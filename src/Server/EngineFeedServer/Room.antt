-- ===== src/Server/EngineFeedServer/Room.antt =====
-- What the steps of the other handlers need, so that none of them throws (server/src/publisher.cpp).
use Prim.Native.Nat.{◌*◌}
use order_book_engine.Prelude.{
  ℕ, ◌+◌, ◌<◌, ◌≤◌, ltb, Option, some, List, [], ◌∷◌, ◌++◌, ◌≡◌, refl, sym, ap, subst, ◌∙◌, inl,
  inr, arith, if_both, Assoc, length, length-append, ◌==◌, All,
}
use order_book_engine.Book.State.{word}
use order_book_engine.Server.Commands.{Output, MarketEvent}
use order_book_engine.Server.Subscription.{FeedItem, EndReason}
use order_book_engine.Server.Publisher.{
  SubscriberKind, Publisher, PublisherOptions, history_of, trim, drop_first, remember, read,
  unsubscribe,
}
use order_book_engine.Server.Publisher.Subscribing.{Subscribed, replay_count, count_from}
use order_book_engine.Server.Publisher.Consistent.{IsConsistent}
use order_book_engine.Server.Publisher.Consistent.Dropping.{drop-IsConsistent}
use order_book_engine.Server.Publisher.Consistent.Handling.{handle-IsConsistent, read-IsConsistent}
use order_book_engine.Server.Publisher.Opening.{subscribe-Answers}
use order_book_engine.Server.Publisher.Recording.Handling.{
  SameHistory, noted, handle-SameRecords, drop-SameRecords, read-SameRecords, history-remember,
}
use order_book_engine.Server.Publisher.Joining.{Request, open_kind, joined}
use order_book_engine.Server.Publisher.Joining.Others.{
  Notes, open_stream-Notes, Joins, JoinsIn, open_stream-JoinsIn,
}
use order_book_engine.Server.Publisher.Views.Sessions.{
  Action, grows, opens_in, act, act_all, without_items,
}

-- No history is longer than the replay window.
abbrev pub IsBounded : Publisher → Type 0
IsBounded p = (s : ℕ) → length (history_of s p) ≤ p.options.replay_window

-- The queue of a stream that an action opens has room for all that can be replayed.
abbrev pub RoomFor : PublisherOptions → Action → Type 0
RoomFor o (Action.opens x) = o.queue_capacity + length x.from_seq * o.replay_window < word
RoomFor o (Action.handles out) = Unit
RoomFor o (Action.reads j) = Unit
RoomFor o (Action.leaves j) = Unit

-- The maps agree, the histories are bounded, and `n` ids are left.
pub record Able (o : PublisherOptions) (n : ℕ) (p : Publisher) : Type 0 where
  pub consistent : IsConsistent p
  pub bounded : IsBounded p
  pub options : p.options ≡ o
  pub ids_left : p.next_id + n < word

length-drop_first :
    (window : ℕ) (es : List MarketEvent) → length es ≤ window + 1 → length (drop_first es) ≤ window
length-drop_first window [] small = omega arith
length-drop_first window (e ∷ es) small = omega (arith, small)

length-trim :
    (window : ℕ) (es : List MarketEvent) (e : MarketEvent)
    → length es ≤ window
    → length (trim window (es ++ e ∷ [])) ≤ window
length-trim window es e small =
    let l = length-append es (e ∷ []) in
    if_both (λ xs. length xs ≤ window) (window == 0) _ _ (λ z. omega arith)
      (λ nz.
        if_both (λ xs. length xs ≤ window) (ltb window (length (es ++ e ∷ []))) _ _
          (λ long. length-drop_first window (es ++ e ∷ []) (omega (arith, l, small)))
          (λ short. ground (arith, short)))

remember-IsBounded : (e : MarketEvent) (p : Publisher) → IsBounded p → IsBounded (remember e p)
unfolding remember
remember-IsBounded e p h s =
    let fits = λ (es : List MarketEvent). length es ≤ p.options.replay_window in
    subst fits (sym (history-remember s e p)) (
      if_both fits (s == e.symbol) _ _
        (λ mine. length-trim p.options.replay_window (history_of e.symbol p) e (h e.symbol))
        (λ other. h s))

noted-IsBounded : (out : Output) (p : Publisher) → IsBounded p → IsBounded (noted out p)
unfolding remember
noted-IsBounded (Output.market_event e) p h = remember-IsBounded e p h
noted-IsBounded (Output.reply r) p h = h
noted-IsBounded (Output.snapshot_ready r) p h = h
noted-IsBounded Output.outbox_closed p h = h

pub SameHistory-IsBounded : (p q : Publisher) → SameHistory p q → IsBounded p → IsBounded q
SameHistory-IsBounded p q (a, b, c) h s = rw (a, c) (h s)

count_from_le : (wanted : ℕ) (es : List MarketEvent) → count_from wanted es ≤ length es
count_from_le wanted [] = omega arith
count_from_le wanted (e ∷ es) = ground (arith, count_from_le wanted es)

replay_count_le :
    (from : Assoc ℕ) (p : Publisher)
    → IsBounded p
    → replay_count from p ≤ length from * p.options.replay_window
replay_count_le [] p h = omega arith
replay_count_le ((symbol, wanted) ∷ from) p h =
    omega (arith, count_from_le wanted (history_of symbol p), h symbol, replay_count_le from p h)

act_opens :
    (o : PublisherOptions) (n : ℕ) (x : Request) (kind : SubscriberKind) (p : Publisher)
    → Able o (1 + n) p
    → o.queue_capacity + length x.from_seq * o.replay_window < word
    → (r : Subscribed) × open_kind kind x p ≡ some r
unfolding open_kind
act_opens o n x SubscriberKind.replies p h room = (_, refl)
act_opens o n x SubscriberKind.market p h room =
    let few = replay_count_le x.from_seq p h.bounded in
    let fits : p.options.queue_capacity + length x.from_seq * p.options.replay_window < word =
      subst
        (λ (y : PublisherOptions). y.queue_capacity + length x.from_seq * y.replay_window < word)
        (sym h.options) room in
    let enough : p.options.queue_capacity + replay_count x.from_seq p < word =
      omega (arith, few, fits) in
    let (r, done, kept, rest) =
      subscribe-Answers x.gateway_id x.symbols x.from_seq p h.consistent (omega (arith, h.ids_left))
        enough in
    (r, done)

pub less-Able : (o : PublisherOptions) (m n : ℕ) (p : Publisher) → n ≤ m → Able o m p → Able o n p
less-Able o m n p le h = record {
  consistent = h.consistent;
  bounded = h.bounded;
  options = h.options;
  ids_left = omega (arith, le, h.ids_left);
}

-- Every action is possible, and leaves the others possible.
abbrev pub Acts : PublisherOptions → ℕ → Option (Publisher × List FeedItem) → Type 0
Acts o n result =
    (q : Publisher) × (taken : List FeedItem) × (result ≡ some (q, taken)) × Able o n q

same-Able :
    (o : PublisherOptions) (n : ℕ) (p q : Publisher)
    → Able o n p
    → IsConsistent q
    → SameHistory p q
    → q.next_id ≡ p.next_id
    → Able o n q
same-Able o n p q h c same ids = record {
  consistent = c;
  bounded = SameHistory-IsBounded p q same h.bounded;
  options = same.2 ∙ h.options;
  ids_left = omega (arith, ids, h.ids_left);
}

noted-Able :
    (o : PublisherOptions) (n : ℕ) (out : Output) (p : Publisher)
    → Able o n p
    → Able o n (noted out p)
unfolding remember
noted-Able o n (Output.market_event e) p h = record {
  consistent = h.consistent;
  bounded = remember-IsBounded e p h.bounded;
  options = h.options;
  ids_left = h.ids_left;
}
noted-Able o n (Output.reply r) p h = h
noted-Able o n (Output.snapshot_ready r) p h = h
noted-Able o n Output.outbox_closed p h = h

act-Acts :
    (o : PublisherOptions) (n id : ℕ) (a : Action) (p : Publisher)
    → Able o (grows a + n) p
    → RoomFor o a
    → Acts o n (act id a p)
unfolding act open_kind
act-Acts o n id (Action.handles out) p able room =
    let h = less-Able o (0 + n) n p (omega arith) able in
    let (q, done, c) = handle-IsConsistent out p h.consistent in
    let (same, ids) = handle-SameRecords out p q done in
    rw done (q, [], refl, same-Able o n (noted out p) q (noted-Able o n out p h) c same ids)
act-Acts o n id (Action.reads j) p able room =
    let h = less-Able o (0 + n) n p (omega arith) able in
    let (same, ids) = read-SameRecords j p in
    (_, _, refl, same-Able o n p (read j p).1 h (read-IsConsistent j p h.consistent) same ids)
act-Acts o n id (Action.leaves j) p able room =
    let h = less-Able o (0 + n) n p (omega arith) able in
    let (same, ids) = drop-SameRecords j EndReason.unsubscribed p in
    (
      _,
      _,
      refl,
      same-Able o n p (unsubscribe j p) h
          (drop-IsConsistent j EndReason.unsubscribed p h.consistent) same ids,
    )
act-Acts o n id (Action.opens x) p h room =
    let (r, done) = act_opens o n x x.kind p h room in
    let same : SameHistory p r.publisher =
      subst (λ y. Notes p (joined y)) done (open_stream-Notes x p) in
    let joins : Joins p r.publisher =
      subst (λ y. JoinsIn p (joined y)) done
        (open_stream-JoinsIn x p h.consistent (omega (arith, h.ids_left))) in
    (
      r.publisher,
      [],
      ap (λ y. without_items (joined y)) done,
      record {
        consistent = joins.consistent;
        bounded = SameHistory-IsBounded p r.publisher same h.bounded;
        options = same.2 ∙ h.options;
        ids_left = elim joins.number [
          | inl kept ↦ omega (arith, kept, h.ids_left)
          | inr next ↦ omega (arith, next, h.ids_left)
        ];
      },
    )

pub act_all-Acts :
    (o : PublisherOptions) (n id : ℕ) (acts : List Action) (p : Publisher)
    → Able o (opens_in acts + n) p
    → All (RoomFor o) acts
    → Acts o n (act_all id acts p)
unfolding act_all
act_all-Acts o n id [] p h room = (p, [], refl, less-Able o (0 + n) n p (omega arith) h)
act_all-Acts o n id (a ∷ acts) p h room =
    let able =
      less-Able o (grows a + opens_in acts + n) (grows a + (opens_in acts + n)) p (omega arith) h in
    let (q, taken, done, k) = act-Acts o (opens_in acts + n) id a p able room.0 in
    let (v, more, all, e) = act_all-Acts o n id acts q k room.1 in
    rw (done, all) (v, taken ++ more, refl, e)

pub read-Able :
    (o : PublisherOptions) (n j : ℕ) (p : Publisher) → Able o n p → Able o n (read j p).1
read-Able o n j p h =
    let (same, ids) = read-SameRecords j p in
    same-Able o n p (read j p).1 h (read-IsConsistent j p h.consistent) same ids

*-*-*

Print, without alteration, only the lines above between the one holding "(open_stream-JoinsIn x p" and the one holding "acts + n) p", inclusive.

        (open_stream-JoinsIn x p h.consistent (omega (arith, h.ids_left))) in
    (
      r.publisher,
      [],
      ap (λ y. without_items (joined y)) done,
      record {
        consistent = joins.consistent;
        bounded = SameHistory-IsBounded p r.publisher same h.bounded;
        options = same.2 ∙ h.options;
        ids_left = elim joins.number [
          | inl kept ↦ omega (arith, kept, h.ids_left)
          | inr next ↦ omega (arith, next, h.ids_left)
        ];
      },
    )

pub act_all-Acts :
    (o : PublisherOptions) (n id : ℕ) (acts : List Action) (p : Publisher)
    → Able o (opens_in acts + n) p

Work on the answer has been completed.